Urzes - o seu primeiro livro de versos - a lembrar "caminhos ásperos onde os pés, dilacerados por espinhos, vão deixando longas estrias de sangue" traduz fielmente o estado dalma langoroso e triste, essa espécie de melancolia deleitosa, que formava a talagarça preferida pelos românticos para bordarem os seus devaneios e gizarem as suas fantasias.

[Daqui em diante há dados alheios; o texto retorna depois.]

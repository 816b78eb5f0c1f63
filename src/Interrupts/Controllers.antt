-- ===== src/Interrupts/Controllers.antt =====
-- What the two old interrupt controllers (8259) make of the accesses of `remap_and_disable_pic`.
use steelmind_os.Base.{
  ℕ, ◌*◌, ◌/◌, ◌%◌, ◌≡◌, refl, ap₂, arith, Bool, true, false, ◌==◌, if◌then◌else◌, List, [], ◌∷◌,
  some,
}
use steelmind_os.Base.Ports.{Access, input, output, World, world, port_write}
use steelmind_os.Interrupts.{remap_and_disable_pic}

-- What a controller takes a word for: a mask, or one of the three words of its initialization.
pub data Expects : Type 0 where
  mask_word vector_word cascade_word mode_word : Expects

pub record Pic : Type 0 where
  pub expects : Expects
  pub level : Bool
  pub single : Bool
  pub takes_mode : Bool
  pub vector_offset : ℕ
  pub cascade : ℕ
  pub mode : ℕ
  pub mask : ℕ

-- A command with bit 4 starts the initialization, which clears the mask. Its bit 0 says that there will be a word for the
-- mode, which is 0 without one; bit 1 that the controller is the only one, and gets no word for its cascade; bit 3
-- that its lines are triggered by level in place of edge.
abbrev command : ℕ → Pic → Pic
command v p =
    if v / 16 % 2 == 1
    then record {
      expects = vector_word;
      level = v / 8 % 2 == 1;
      single = v / 2 % 2 == 1;
      takes_mode = v % 2 == 1;
      vector_offset = p.vector_offset;
      cascade = p.cascade;
      mode = if v % 2 == 1 then p.mode else 0;
      mask = 0;
    }
    else p

abbrev after_cascade : Pic → Expects
after_cascade p = if p.takes_mode then mode_word else mask_word

abbrev word : Expects → ℕ → Pic → Pic
word vector_word v p = record p {
  expects = if p.single then after_cascade p else cascade_word;
  vector_offset = v / 8 * 8;
}
word cascade_word v p = record p { expects = after_cascade p; cascade = v }
word mode_word v p = record p { expects = mask_word; mode = v }
word mask_word v p = record p { mask = v }

pub record Pics : Type 0 where
  pub first : Pic
  pub second : Pic

-- What one access does to the two controllers, at their four ports.
abbrev access : Access → Pics → Pics
access (input port v) p = p
access (output port v) p =
    if port == 0x20
    then record p { first = command v p.first }
    else (if port == 0x21
        then record p { first = word p.first.expects v p.first }
        else (if port == 0xA0
            then record p { second = command v p.second }
            else (if port == 0xA1
                then record p { second = word p.second.expects v p.second }
                else p)))

-- After a log, the latest access first.
abbrev pub after : List Access → Pics → Pics
after [] p = p
after (a ∷ log) p = access a (after log p)

abbrev pub disabled : (vector_offset cascade : ℕ) → Pic
disabled vector_offset cascade = record {
  expects = mask_word;
  level = false;
  single = false;
  takes_mode = true;
  vector_offset = vector_offset;
  cascade = cascade;
  mode = 1;
  mask = 0xff;
}

-- Whatever was done to the controllers before: they are left initialized as two that are cascaded, the second one at the
-- third line of the first, with the two offsets, at multiples of 8, in the 8086 mode, triggered by edges, and with all
-- interrupts masked.
pub remap_and_disable_pic-disabled :
    (i j : ℕ) (w : World) (p : Pics)
    → (log : List Access) × (remap_and_disable_pic (i * 8) (j * 8) w
        ≡ some (tt, world w.script log))
      × (after log p ≡ record { first = disabled (i * 8) 4; second = disabled (j * 8) 2 })
unfolding remap_and_disable_pic port_write
remap_and_disable_pic-disabled i j w p = (
  _,
  refl,
  ap₂ (λ x y. record { first = disabled x 4; second = disabled y 2 }) (omega arith) (omega arith),
)
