-- ===== src/Interrupts/Examples.antt =====
-- The two controllers and the vectors at concrete values.
use steelmind_os.Base.{true, false, ◌≡◌, some, List, []}
use steelmind_os.Base.Ports.{Access, world}
use steelmind_os.Interrupts.{remap_and_disable_pic}
use steelmind_os.Interrupts.Controllers.{
  Pic, mask_word, disabled, after, remap_and_disable_pic-disabled,
}

abbrev reset : Pic
reset = record {
  expects = mask_word;
  level = true;
  single = true;
  takes_mode = false;
  vector_offset = 0;
  cascade = 0;
  mode = 0;
  mask = 0;
}

remap_and_disable_pic-disabled_example :
    (log : List Access) × (remap_and_disable_pic 32 40 (world [] []) ≡ some (tt, world [] log))
    × (after log (record { first = reset; second = reset })
        ≡ record { first = disabled 32 4; second = disabled 40 2 })
remap_and_disable_pic-disabled_example =
    remap_and_disable_pic-disabled 4 5 (world [] []) (record { first = reset; second = reset })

Ali vive e palpita um amor errante, flutuoso, panmorfo, que se declara e se expande em ardentes anseios sentimentais, repassados de misticismo, envoltos em brumas evanescentes de incenso, que povoam aquele perétuo sonhar acordado, em que alternam soluços e lágrimas, em que gemem desenganos e saudades... Que desfilam, em procissão, penitentes e vagarosos, por longos "claustros da Amargura" - silenciosos e frios, invadidos pela hera e adormentados ao monótono compasso do longínquo salmodiar de antífonas e litanias... Que rondam naqueles castelos sombrios, cavados de calabouços, varados de seteiras, recortados de ameias e aguçados de torreões e de vedetas, onde, pela calada da noite, vagam lendas brancas de Damas e recontos trágicos de Guerreiros...
Ali, o ideal do poeta é essa

Santa dum céu ignoto, céu de sonho,
ao qual toda sua alma se alevanta; e que ele,
Monge vagando em corredor escuro,
alheio aos ecos da comunidade,
mudo e grave e alquebrado, como um frade
que sonha um sonho religioso e puro,
segue por toda a parte, e doloridamente invoca:
Vem repousar, ó pomba forasteira,
desta alma escura no beiral tristonho!
Vem, ó minha esperança derradeira,
porque não fuja o derradeiro sonho!

E quando a visão radiosa, comovida e vencida pelo férvido apelo do delirante adorador, ao fim se deixa aproximar, não cantam os júbilos do epitalamio, mas, sobre a custosa conquista, sem sangue e sem pecado, já plange a elégia de uma saudade ...
E as palavras que me falaste
eram ondulas de água em doce veio...
Logo, porém, tu me sumiste em meio
das alegrias com que me embalaste.

Tu passaste por mim, anjo formoso,
à maneira dum sonho de criança,
leve e casto, sereno e luminoso.

Não lhe faltam, sequer, a recordação floral, as pétalas ressequidas e conservadas secretamente - relíquias inocentes de amores fugazes, que lá se foram, como as rosas de que elas mesmas se desfolharam um dia...
E são essas pobres pétalas descoradas e quebradiças que ditam versos maviosos como estes:

Revejo muita vez aquelas flores
que um dia tu me deste: o olhar magoado
prendo nas suas desmaiadas cores,
Vem-me à lembrança, então, todo o passado.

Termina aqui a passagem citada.